Which lines of the data include the string "DatasetHandle"? List them all.
+-------+
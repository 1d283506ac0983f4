-- ===== src/Runtime.antt =====
-- src/cogindex/_runtime.py: handles, payloads, and what cogindex needs of a Cognee deployment.
use cogindex.Base.{
  List, Bool, Option, Text, Result, ok, value_error, refuse, is_empty, contains, nat_eq, ◌>>◌,
}
use cogindex.Base.Exec.{Exec}
use cogindex.Identity.{Uuid, Content}
use cogindex.Identity.Value.{Fields}
use cogindex.Spec.Profile.{CognifyProfile}

pub record DatasetHandle : Type 0 where
  pub name : Text
  pub tenant : Text
  pub identity_scope : Text
  pub dataset_id : Option Uuid

-- `DatasetHandle.__post_init__`
unfoldable pub check_handle : DatasetHandle → Result DatasetHandle
check_handle h = do
  refuse (is_empty h.identity_scope) value_error
  refuse (contains 0 h.identity_scope) value_error
  ok h

pub record DocumentPayload : Type 0 where
  pub data_id : Uuid
  pub content : Content
  pub label : Option Text
  pub external_metadata : Option Fields
  pub node_set : Option (List Text)
  pub importance_weight : Option Text

pub record StoredDocument : Type 0 where
  pub data_id : Uuid
  pub label : Option Text
  pub external_metadata : Option Fields
  pub cognify_complete : Bool

-- The protocol class, over the state `S` of the deployment. `dataset_lock` is a context manager:
-- `acquire` is its entry and `release` its exit.
pub record CogneeRuntime (S : Type 0) : Type 0 where
  pub resolve_dataset : Text → Text → Exec S DatasetHandle
  pub add_documents : DatasetHandle → List DocumentPayload → Exec S DatasetHandle
  pub purge_document_memory : DatasetHandle → List Uuid → Exec S (Unit {0})
  pub delete_documents : DatasetHandle → List Uuid → Exec S (Unit {0})
  pub cognify_dataset : DatasetHandle → CognifyProfile → Exec S (Unit {0})
  pub teardown_dataset : DatasetHandle → Exec S (Unit {0})
  pub list_documents : DatasetHandle → Exec S (List StoredDocument)
  pub acquire : DatasetHandle → Exec S (Unit {0})
  pub release : DatasetHandle → Exec S (Unit {0})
+-------+
> [EXERCISE OUTPUT]:
pub record DatasetHandle : Type 0 where
-- `DatasetHandle.__post_init__`
unfoldable pub check_handle : DatasetHandle → Result DatasetHandle
  pub resolve_dataset : Text → Text → Exec S DatasetHandle
  pub add_documents : DatasetHandle → List DocumentPayload → Exec S DatasetHandle
  pub purge_document_memory : DatasetHandle → List Uuid → Exec S (Unit {0})
  pub delete_documents : DatasetHandle → List Uuid → Exec S (Unit {0})
  pub cognify_dataset : DatasetHandle → CognifyProfile → Exec S (Unit {0})
  pub teardown_dataset : DatasetHandle → Exec S (Unit {0})
  pub list_documents : DatasetHandle → Exec S (List StoredDocument)
  pub acquire : DatasetHandle → Exec S (Unit {0})
  pub release : DatasetHandle → Exec S (Unit {0})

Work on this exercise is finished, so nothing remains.